Modesty aside, I also scored the fight 116-110 in Pacquiao’s favor.

A friend of mine seated beside me during the fight said to me in jest:  “Why, all the three judges copied your score.”

The fight was the easiest to score.

Timothy Bradley Jr. hardly connected in the entire 12 rounds but still, I gave him four rounds. Out of pity?  Maybe.

If honesty is the best policy, generosity is also a good policy. Uplifts the spirit.

Pacquiao dominated the fight virtually from beginning to end.

He still had the moves of a young fighter, although slightly a bit slower now.  And not as hard a puncher as he used to be.

Twice he floored Bradley. Twice he didn’t finish Bradley off.

He didn’t fail.  He just didn’t want to send Bradley to dreamland.

Isn’t Bradley Bible-bound alongside Pacquiao?

In the seventh, Bradley fell from getting hit by a left below the ear after first absorbing a right hook.

Pacquiao did not pursue a knockout after Bradley got a standing 8-count.  He merely went through the motions of finishing the round.

Afraid that he might get hit by a lucky punch if he tried mixing it up?

The ghost of a knockout loss from a lucky punch courtesy of Juan Manuel Marquez still haunts him four years after the fact?

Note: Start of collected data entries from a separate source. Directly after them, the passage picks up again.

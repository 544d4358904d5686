-- ===== src/Exec/Keeps.antt =====
-- Properties of the state that a method keeps, whether it returns or raises, and what holds after it
-- has returned: one rule for each way to build a method.
use kafka_fdb_streamline.Common.{◌≡◌, ◌≢◌, refl, Bool, true, false, if◌then◌else◌}
use kafka_fdb_streamline.Errors.{Exn}
use kafka_fdb_streamline.Exec.{
  Result, ok, err, Exec, pure, raise, gets, lift, catch, modify, raise_if, ◌>>=◌, ◌>>◌,
}

-- `method` keeps `Inv`.
pub record Keeps {ℓ} {S A : Type ℓ} (Inv : S → Type ℓ) (method : Exec S A) : Type ℓ where
  pub at : (before : S) → Inv before → Inv (method before).1

module _ {ℓ} {S A : Type ℓ} {P : S → Type ℓ} where
  pub Keeps-gets : (read : S → A) → Keeps P (gets read)
  unfolding gets
  Keeps-gets read = record { at = λ w inv. inv }

  pub Keeps-pure : (result : A) → Keeps P (pure result)
  unfolding pure
  Keeps-pure result = record { at = λ w inv. inv }

  pub Keeps-lift : (outcome : Result A) → Keeps P (lift outcome)
  unfolding lift
  Keeps-lift outcome = record { at = λ w inv. inv }

  pub Keeps-raise : (e : Exn) → Keeps P (raise {A = A} e)
  unfolding raise
  Keeps-raise e = record { at = λ w inv. inv }

  pub Keeps-if :
      (test : Bool) (then_method else_method : Exec S A)
      → Keeps P then_method
      → Keeps P else_method
      → Keeps P (if test then then_method else else_method)
  Keeps-if true _ _ kept _ = kept
  Keeps-if false _ _ _ kept = kept

  recover-Keeps :
      (r : Result A) (h : Exn → Exec S A) (s : S)
      → ((e : Exn) → Keeps P (h e))
      → P s
      → P (catch (λ t. (r, t)) h s).1
  unfolding catch
  recover-Keeps (ok a) h s kh p = p
  recover-Keeps (err e) h s kh p = (kh e).at s p

  pub Keeps-catch :
      (m : Exec S A) (h : Exn → Exec S A)
      → Keeps P m
      → ((e : Exn) → Keeps P (h e))
      → Keeps P (catch m h)
  unfolding catch
  Keeps-catch m h km kh = record {
    at = λ s p. let (r, s') = m s in recover-Keeps r h s' kh (km.at s p);
  }

pub Keeps-modify :
    {S : Type 0} {P : S → Type 0} (f : S → S) → ((s : S) → P s → P (f s)) → Keeps P (modify f)
unfolding modify
Keeps-modify f h = record { at = h }

pub Keeps-raise_if : {S : Type 0} {P : S → Type 0} (b : Bool) (e : Exn) → Keeps P (raise_if b e)
unfolding raise_if
Keeps-raise_if true e = record { at = λ s h. h }
Keeps-raise_if false e = record { at = λ s h. h }

module _ {ℓ} {S A B : Type ℓ} {P : S → Type ℓ} where
  continue-Keeps :
      (r : Result A) (f : A → Exec S B) (s : S)
      → ((a : A) → Keeps P (f a))
      → P s
      → P (((λ t. (r, t)) >>= f) s).1
  unfolding ◌>>=◌
  continue-Keeps (ok a) f s kf p = (kf a).at s p
  continue-Keeps (err e) f s kf p = p

  -- The first method, and then whatever comes of its result.
  pub Keeps-bind :
      (first : Exec S A) (rest : A → Exec S B)
      → Keeps P first
      → ((result : A) → Keeps P (rest result))
      → Keeps P (first >>= rest)
  unfolding ◌>>=◌
  Keeps-bind first rest kept_first kept_rest = record {
    at = λ w inv.
        let (outcome, w') = first w in
        continue-Keeps outcome rest w' kept_rest (kept_first.at w inv);
  }

  pub Keeps-then : (m : Exec S A) (k : Exec S B) → Keeps P m → Keeps P k → Keeps P (m >> k)
  unfolding ◌>>◌
  Keeps-then m k km kk = Keeps-bind m (λ _. k) km (λ _. kk)

pub ruleset keeps_rules = (
  Keeps-pure, Keeps-raise, Keeps-gets, Keeps-lift, Keeps-if, Keeps-catch, Keeps-modify,
  Keeps-raise_if, Keeps-bind, Keeps-then,
)

-- If `P` holds before `m` and `m` returns, then `Q` holds of its result and state.
pub record Returns {ℓ} {S A : Type ℓ} (P : S → Type ℓ) (m : Exec S A) (Q : A → S → Type ℓ)
    : Type ℓ where
  pub at : (s : S) → P s → (a : A) → (m s).0 ≡ ok a → Q a (m s).1

module _ {ℓ} {S A : Type ℓ} where
  handled :
      (Q : A → S → Type ℓ) (r : Result A) (h : Exn → Exec S A) (s : S)
      → ((e : Exn) (t : S) (a : A) → (h e t).0 ≢ ok a)
      → ((a : A) → r ≡ ok a → Q a s)
      → (a : A) → (catch (λ t. (r, t)) h s).0 ≡ ok a
      → Q a (catch (λ t. (r, t)) h s).1
  unfolding catch
  handled Q (ok b) h s never q a e = q a e
  handled Q (err x) h s never q a e = absurd (never x s a e)

module _ {ℓ} {S A B : Type ℓ} where
  continued :
      (Q : A → S → Type ℓ) (R : B → S → Type ℓ) (r : Result A) (f : A → Exec S B) (s : S)
      → ((a : A) → Returns (Q a) (f a) R)
      → ((a : A) → r ≡ ok a → Q a s)
      → (b : B) → (((λ t. (r, t)) >>= f) s).0 ≡ ok b
      → R b (((λ t. (r, t)) >>= f) s).1
  unfolding ◌>>=◌
  continued Q R (ok a) f s rf q b e = (rf a).at s (q a refl) b e
  continued Q R (err x) f s rf q b e = cc

module _ {ℓ} {S A : Type ℓ} {P : S → Type ℓ} where
  pub Returns_of_Keeps : {m : Exec S A} → Keeps P m → Returns P m (λ _. P)
  Returns_of_Keeps k = record { at = λ s h a e. k.at s h }

  pub Returns-raise : {Q : A → S → Type ℓ} (e : Exn) → Returns P (raise e) Q
  unfolding raise
  Returns-raise e = record { at = λ s h a q. cc }

  -- A handler that raises in every case.
  pub Returns-catch :
      {Q : A → S → Type ℓ} (m : Exec S A) (h : Exn → Exec S A)
      → Returns P m Q
      → ((e : Exn) (t : S) (a : A) → (h e t).0 ≢ ok a)
      → Returns P (catch m h) Q
  unfolding catch
  Returns-catch {Q} m h rm never = record {
    at = λ s p. let (r, s') = m s in handled Q r h s' never (rm.at s p);
  }

module _ {ℓ} {S A B : Type ℓ} {P : S → Type ℓ} {Q : A → S → Type ℓ} {R : B → S → Type ℓ} where
  pub Returns-bind :
      (m : Exec S A) (f : A → Exec S B)
      → Returns P m Q
      → ((a : A) → Returns (Q a) (f a) R)
      → Returns P (m >>= f) R
  unfolding ◌>>=◌
  Returns-bind m f rm rf = record {
    at = λ s p. let (r, s') = m s in continued Q R r f s' rf (rm.at s p);
  }

  pub Returns-then :
      (m : Exec S A) (k : Exec S B)
      → Returns P m Q
      → ((a : A) → Returns (Q a) k R)
      → Returns P (m >> k) R
  unfolding ◌>>◌
  Returns-then m k rm rk = Returns-bind m (λ _. k) rm rk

Bradley got decked again in the ninth, this time by a harder left to the kisser that sent him tumbling and somersaulting.

After another 8-count, Pacquiao again did not go for the kill.

Same reason?  Scared of Marquez’s phantom punch suddenly materializing in the heat of an exchange?

In the olden days, Pacquiao would turn tiger at the slightest opening, unleashing a rain of punches until his prey has finally crumpled on the floor—limp as an empty sack.

If the years had softened his rock-hard fists, I am not surprised.

The last time he scored a stoppage was in 2009 yet.

And it was not even a knockout victory but rather, a TKO win over Miguel Cotto.

Pacquiao was mercilessly pummeling Cotto with hits to the face when the referee said enough is enough and declared a 12th-round TKO loss for the Puerto Rican.

In the intervening seven years after that, Pacquiao has stopped stopping his foes.

He could only score knockdowns, punctuated by those 6 knockdowns he dealt Chris Algieri before PacMan lost to Floyd Mayweather Jr. on May 2, 2015.

After beating Bradley a second time, Pacquiao said he was retiring.

Nobody believed him.  Me, too.

But if he did retire, was it done in a blaze of glory?  Hardly.

Did his win translate into votes for his senatorial bid on May 9?  Hardly, too.

But this I can tell you, fellas:  Should he win next month at the polls, it will be as hard a pill to swallow.